In the vertebrate nervous system, the primary cilium is increasingly viewed as hub for certain neural developmental signaling pathways, and growing data suggest that this is also true for several types of adult neuronal signaling. AZD6244 supplier To set the stage for understanding the functions of primary cilia in the CNS, particularly for readers new

to cilia research, we begin with a summary of basic cilia biology, and a brief appraisal of the range of physiological defects that arise in mice and humans from cilia dysfunction. The primary cilium is a slender protrusion of the cell membrane about 1–5 microns in length. The ciliary membrane surrounds an axoneme, composed of nine microtubule pairs. These are anchored to a microtubule organizer, the ciliary basal body, which is a modified mother centriole. Appropriate to an organelle that propagates specialized signals, the primary cilium is partially isolated

from the rest of the cell by a transition INCB018424 zone at its base, which acts as a ciliary pore and a docking area for proteins headed for the cilium (Rosenbaum and Witman, 2002, Pedersen and Rosenbaum, 2008, Satir and Christensen, 2008, Seeley and Nachury, 2010 and Sorokin, 1968).
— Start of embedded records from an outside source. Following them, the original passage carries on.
-- ===== src/Channel/Ring.antt =====
-- The ring of engin/channel.hpp: what `m_unread` elements from `m_r_index` on are.
use native.Mathlib.Nat.{mod-eq_of_lt, mod-eq-sub-mod, mod-add-mod, add-zero}
use native.Mathlib.Decide.{dec_lt}
use native.Mathlib.Numerals.{add-one}
use chroutine.Prelude.{
  ℕ, zero, suc, ◌+◌, ◌-◌, ◌%◌, ◌≤◌, ◌<◌, ◌≡◌, refl, ap, ap₂, ◌∙◌, ◌≢◌, ◌⊎◌, inl, inr, List, [], ◌∷◌,
  ◌++◌, length, length-append, arith,
}
use chroutine.Channel.{update}

-- An index below twice the size goes round once at most.
pub mod_wrap :
    (x cap : ℕ) → x < cap + cap → ((x < cap) × (x % cap ≡ x)) ⊎ ((cap ≤ x) × (x % cap ≡ x - cap))
mod_wrap x cap h = elim (dec_lt x cap) [
  | yes p ↦ inl (p, mod-eq_of_lt p)
  | no p ↦ inr (
    omega arith,
    mod-eq-sub-mod {n = x} {m = cap} (omega arith)
        ∙ mod-eq_of_lt {n = x - cap} {m = cap} (omega arith),
  )
]

module _ {ℓ} {T : Type ℓ} where
  -- The `n` elements from index `r` on, going round at `cap`, the newest last.
  abbrev pub contents : (ℕ → T) → ℕ → ℕ → ℕ → List T
  contents a cap r zero = []
  contents a cap r (suc n) = contents a cap r n ++ a ((r + n) % cap) ∷ []

  pub length-contents : (a : ℕ → T) (cap r n : ℕ) → length (contents a cap r n) ≡ n
  length-contents a cap r zero = refl
  length-contents a cap r (suc n) = omega (
    arith,
    length-append (contents a cap r n) (a ((r + n) % cap) ∷ []),
    length-contents a cap r n,
  )

  -- The oldest element stands at `r`.
  pub contents-suc :
      (a : ℕ → T) (cap r n : ℕ)
      → r < cap
      → contents a cap r (suc n) ≡ a r ∷ contents a cap ((r + 1) % cap) n
  contents-suc a cap r zero h = rw (add-zero, mod-eq_of_lt h)
  contents-suc a cap r (suc n) h = ap₂ (λ xs i. xs ++ a i ∷ []) (contents-suc a cap r n h) shift
    where
      shift : (r + suc n) % cap ≡ ((r + 1) % cap + n) % cap
      shift = rw mod-add-mod (ap (λ k. k % cap) (omega arith))

  -- A write outside the first `n` elements leaves them.
  contents-update :
      (a : ℕ → T) (cap r n i : ℕ) (v : T)
      → ((k : ℕ) → k < n → (r + k) % cap ≢ i)
      → contents (update a i v) cap r n ≡ contents a cap r n
  contents-update a cap r zero i v h = refl
  contents-update a cap r (suc n) i v h =
      ap₂ (λ xs x. xs ++ x ∷ []) (contents-update a cap r n i v (λ k p. h k (omega arith)))
        (ground (arith, h n (omega arith)))

  -- A write just behind the last element appends it.
  pub contents-put :
      (a : ℕ → T) (cap r n : ℕ) (v : T)
      → r < cap
      → n < cap
      → contents (update a ((r + n) % cap) v) cap r (suc n) ≡ contents a cap r n ++ v ∷ []
  contents-put a cap r n v hr hn =
      ap₂ (λ xs x. xs ++ x ∷ []) (contents-update a cap r n ((r + n) % cap) v apart) (ground arith)
    where
      apart : (k : ℕ) → k < n → (r + k) % cap ≢ (r + n) % cap
      apart k p =
          omega (arith, mod_wrap (r + k) cap (omega arith), mod_wrap (r + n) cap (omega arith))

  -- The same at the index and the count that the code computes.
  pub contents-put_at :
      (a : ℕ → T) (cap r n : ℕ) (v : T) {i : ℕ}
      → r < cap
      → n < cap
      → i ≡ (r + n) % cap
      → contents (update a i v) cap r (n + 1) ≡ contents a cap r n ++ v ∷ []
  contents-put_at a cap r n v hr hn e = rw (e, add-one) (contents-put a cap r n v hr hn)

  -- Taking the oldest element leaves the others.
  pub contents-take :
      (a : ℕ → T) (cap r n : ℕ)
      → r < cap
      → 0 < n
      → contents a cap r n ≡ a r ∷ contents a cap ((r + 1) % cap) (n - 1)
  contents-take a cap r zero hr h = elim h [ ]
  contents-take a cap r (suc n) hr h =
      let e : n ≡ suc n - 1 = omega arith in
      contents-suc a cap r n hr ∙ ap (λ k. a r ∷ contents a cap ((r + 1) % cap) k) e

  pub contents-none : (a : ℕ → T) (cap r n : ℕ) → n ≡ 0 → contents a cap r n ≡ []
  contents-none a cap r zero h = refl
  contents-none a cap r (suc n) h = absurd (omega arith)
Proteins selected for entry (Emmer et al., 2010 and Inglis et al., 2006) are carried along the ciliary axoneme by intraflagellar transport (IFT) (Figure 1), first discovered in the flagella of the alga Chlamydomonas reinhardtii ( Kozminski et al., 1993 and Kozminski et al., 1995). Cilia membrane proteins needed for signaling and are prevented from leaving the cilium prematurely by a septin diffusion barrier at the base of the primary cilium, below the site at which proteins are first inserted into the ciliary membrane ( Hu et al., 2010). A similar diffusion barrier is formed in budding yeast, supporting an evolutionarily conserved role for septins in maintaining separate cell compartments ( Hu et al., 2010). Secondary cilia, which include eukaryotic flagella, differ from primary cilia in that the axoneme contains an extra central pair of microtubules, linked by radial spokes to the nine outer microtubule

pairs that are attached to a dynein motor that drives microtubule sliding and generates movement (Pedersen and Rosenbaum, 2008, Rosenbaum and Witman, 2002 and Satir and Christensen, 2008) (Figure 2A). Secondary cilia are therefore motile, whereas primary cilia are generally not. Additionally, a cell possesses a single primary cilium but may have many secondary cilia. In the CNS, the multiciliated epithelial cells lining the ventricles are tufted with secondary cilia that sway in synchrony to move cerebrospinal fluid (Banizs et al., 2005 and Dalen et al., 1971) (Figure 2A). Specialized sensory cilia in the nervous system are found between the outer and inner segments (OS, IS) of retinal photoreceptors (Figure 2B), and on the dendrites of olfactory receptor neurons (ORNs) (Figure 2C).